HB1390

HB1390 – Decarbonization planning for state-owned district energy systems.
Prime Sponsor – Representative Ramel (D; 40th District; Anacortes and San Juans) (Co-Sponsors Berry, Duerr, Doglio, and Pollet – Ds)
Current status – Had a hearing in the Senate Committee on Environment, Energy and Technology March 22nd and 24th. Amended to direct the owner of a covered district heating system to consult with the gas utility as well as the electric utility while developing a decarbonization plan, and passed out of committee March 28th. Had a hearing in Ways and Means March 30th. Passed out of committee April 4th and referred to Rules. Passed by the Senate April 12th. House concurred in Senate’s amendments.
Next step would be –
To the Governor.
Legislative tracking page for the bill.

In the House – Passed
Had a hearing in the House Committee on Environment and Energy January 24th. Replaced with a substitute by the prime sponsor and passed out of committee February 9th. Referred to the Committee on the Capital Budget and had a hearing there February 20th. Amended to have more State systems and purely private systems comply with CETA by developing these plans. Passed out of committee February 22nd, referred to Rules, and passed by the House March 2nd.

Substitute –
The changes made by the substitute are summarized by staff at the beginning of it.

Summary –
The bill would require collections of five or more buildings with more than 100,000 square feet of conditioned space that are owned by the state and served by district heating or cooling systems to develop a decarbonization plan. These would have to include ways to replace fossil fuels in heating plants; evaluating options for partnering with nearby sources and uses of waste heat and cooling; examining opportunities to add buildings or other facilities to the system once it is decarbonized, a strategy to incentivize growth of a decarbonized system, and requirements for facilities joining the system; and evaluating the potential for reducing energy use through conservation. The bill would encourage including consideration of distribution network upgrades; on-site energy storage; space cooling for residential facilities; labor and workforce issues, including utilization of state registered apprentices; options for public-private partnerships; and the incorporation of industrial symbiosis projects or networks. The local utility would have to be consulted in the development of the plan; they’d be due to Commerce by June 30th, 2025.

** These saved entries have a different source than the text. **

-- ===== src/Store/Workers/Sound.antt =====
-- The workers of the cleanup put only invalid domains on the list of what to remove.
use sentrydns.Base.{
  ℕ, zero, suc, ◌≡◌, refl, sym, Bool, true, false, List, [], ◌∷◌, ◌++◌, Text, All, subst, arith,
  text_eq_iff,
}
use sentrydns.Store.Workers.{
  Worker, receiving, holding, checking, rejecting, gone, Pool, receive_next, send_next, receivers,
  start_pool, Turn, sends, gives_up, stops, works, work, work_at, take_turn, take_turns,
}
use sentrydns.Store.Workers.Order.{is_in}
use sentrydns.Store.Workers.Frame.{give_up-cases}

-- Only domains that do not validate are rejected or to be removed.
module _ (validate : Text → Bool) where
  abbrev pub IsBad : Text → Type 0
  IsBad d = validate d ≡ false

  abbrev IsJust : Worker → Type 0
  IsJust receiving = Unit
  IsJust (holding d) = Unit
  IsJust (checking d) = Unit
  IsJust (rejecting d) = IsBad d
  IsJust gone = Unit

  All-append : (ds : List Text) (d : Text) → All IsBad ds → IsBad d → All IsBad (ds ++ d ∷ [])
  All-append [] d h b = (b, tt)
  All-append (e ∷ ds) d h b = (h.0, All-append ds d h.1 b)

  receive_next-IsJust :
      (q : List Text) (p : Pool)
      → All IsBad p.removals
      → IsJust (receive_next q p).0 × All IsBad (receive_next q p).1.removals
  receive_next-IsJust [] p h = (ground arith, h)
  receive_next-IsJust (d ∷ q) p h = (tt, h)

  work-IsJust :
      (w : Worker) (p : Pool)
      → IsJust w
      → All IsBad p.removals
      → IsJust (work validate w p).0 × All IsBad (work validate w p).1.removals
  unfolding work
  work-IsJust receiving p j h = receive_next-IsJust p.queue p h
  work-IsJust (holding d) p j h = (ground arith, h)
  work-IsJust (checking d) p j h = (ground arith, h)
  work-IsJust (rejecting d) p j h = (tt, All-append p.removals d h j)
  work-IsJust gone p j h = (tt, h)

  work_at-IsJust :
      (i : ℕ) (ws : List Worker) (p : Pool)
      → All IsJust ws
      → All IsBad p.removals
      → All IsJust (work_at validate i ws p).0 × All IsBad (work_at validate i ws p).1.removals
  unfolding work_at
  work_at-IsJust i [] p j h = (j, h)
  work_at-IsJust zero (w ∷ ws) p j h = let k = work-IsJust w p j.0 h in ((k.0, j.1), k.1)
  work_at-IsJust (suc i) (w ∷ ws) p j h = let k = work_at-IsJust i ws p j.1 h in ((j.0, k.0), k.1)

  send_next-same :
      (u : List Text) (p : Pool)
      → ((send_next u p).workers ≡ p.workers) × ((send_next u p).removals ≡ p.removals)
  send_next-same [] p = (refl, refl)
  send_next-same (d ∷ u) p = ground arith

  abbrev IsSound : Pool → Type 0
  IsSound p = All IsJust p.workers × All IsBad p.removals

  IsSound-same :
      (p p' : Pool) → p'.workers ≡ p.workers → p'.removals ≡ p.removals → IsSound p → IsSound p'
  IsSound-same p p' e f v = (subst (All IsJust) (sym e) v.0, subst (All IsBad) (sym f) v.1)

  take_turn-IsSound : (t : Turn) (p : Pool) → IsSound p → IsSound (take_turn validate t p)
  unfolding take_turn
  take_turn-IsSound sends p v =
      let e = send_next-same p.unsent p in
      IsSound-same p (take_turn validate sends p) (ground (arith, e)) (ground (arith, e)) v
  take_turn-IsSound gives_up p v =
      let g = give_up-cases p.unsent p in
      IsSound-same p (take_turn validate gives_up p) (ground arith) (ground arith) v
  take_turn-IsSound stops p v = v
  take_turn-IsSound (works i) p v = work_at-IsJust i p.workers p v.0 v.1

  take_turns-IsSound : (ts : List Turn) (p : Pool) → IsSound p → IsSound (take_turns validate ts p)
  unfolding take_turns
  take_turns-IsSound [] p v = v
  take_turns-IsSound (t ∷ ts) p v =
      take_turns-IsSound ts (take_turn validate t p) (take_turn-IsSound t p v)

  receivers-IsJust : (qps : ℕ) → All IsJust (receivers qps)
  receivers-IsJust zero = tt
  receivers-IsJust (suc qps) = (tt, receivers-IsJust qps)

  start_pool-IsSound : (qps : ℕ) (domains : List Text) → IsSound (start_pool qps domains)
  unfolding start_pool
  start_pool-IsSound qps domains = (receivers-IsJust qps, tt)

  -- However the turns are taken, only domains that do not validate are to be removed.
  pub run-IsBad :
      (qps : ℕ) (domains : List Text) (ts : List Turn)
      → All IsBad (take_turns validate ts (start_pool qps domains)).removals
  run-IsBad qps domains ts =
      (take_turns-IsSound ts (start_pool qps domains) (start_pool-IsSound qps domains)).1

  pub is_in-IsBad :
      (d : Text) (ds : List Text) → All IsBad ds → validate d ≡ true → is_in d ds ≡ false
  is_in-IsBad d [] h v = refl
  is_in-IsBad d (e ∷ ds) h v =
      let ih = is_in-IsBad d ds h.1 v in let b = h.0 in ground (arith, text_eq_iff d e)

The bill would exempt the buildings served by one of these systems from making any capital investments that might be required to meet the State’s Clean Buildings Act’s energy performance requirements if the owner was implementing or had fully implemented a decarbonization plan, and met the Act’s benchmarking, energy management, and operations and maintenance planning requirements. (The bill also says owners may not be required to make capital investments if they submit a request to Commerce once during every five-year compliance cycle as part of documentation required by the Act, and Commerce approves the request; it doesn’t seem to specify any criteria for granting or denying these requests.) Commerce would also guarantee that these systems would be considered to qualify with any requirements for implementing energy efficiency measures identified by an energy audit if an audit had demonstrated that the energy savings from measures to increase the efficiency of the district heating system would be greater than the savings from measures to increase the buildings’ efficiency, and the owner implemented the measures for the system.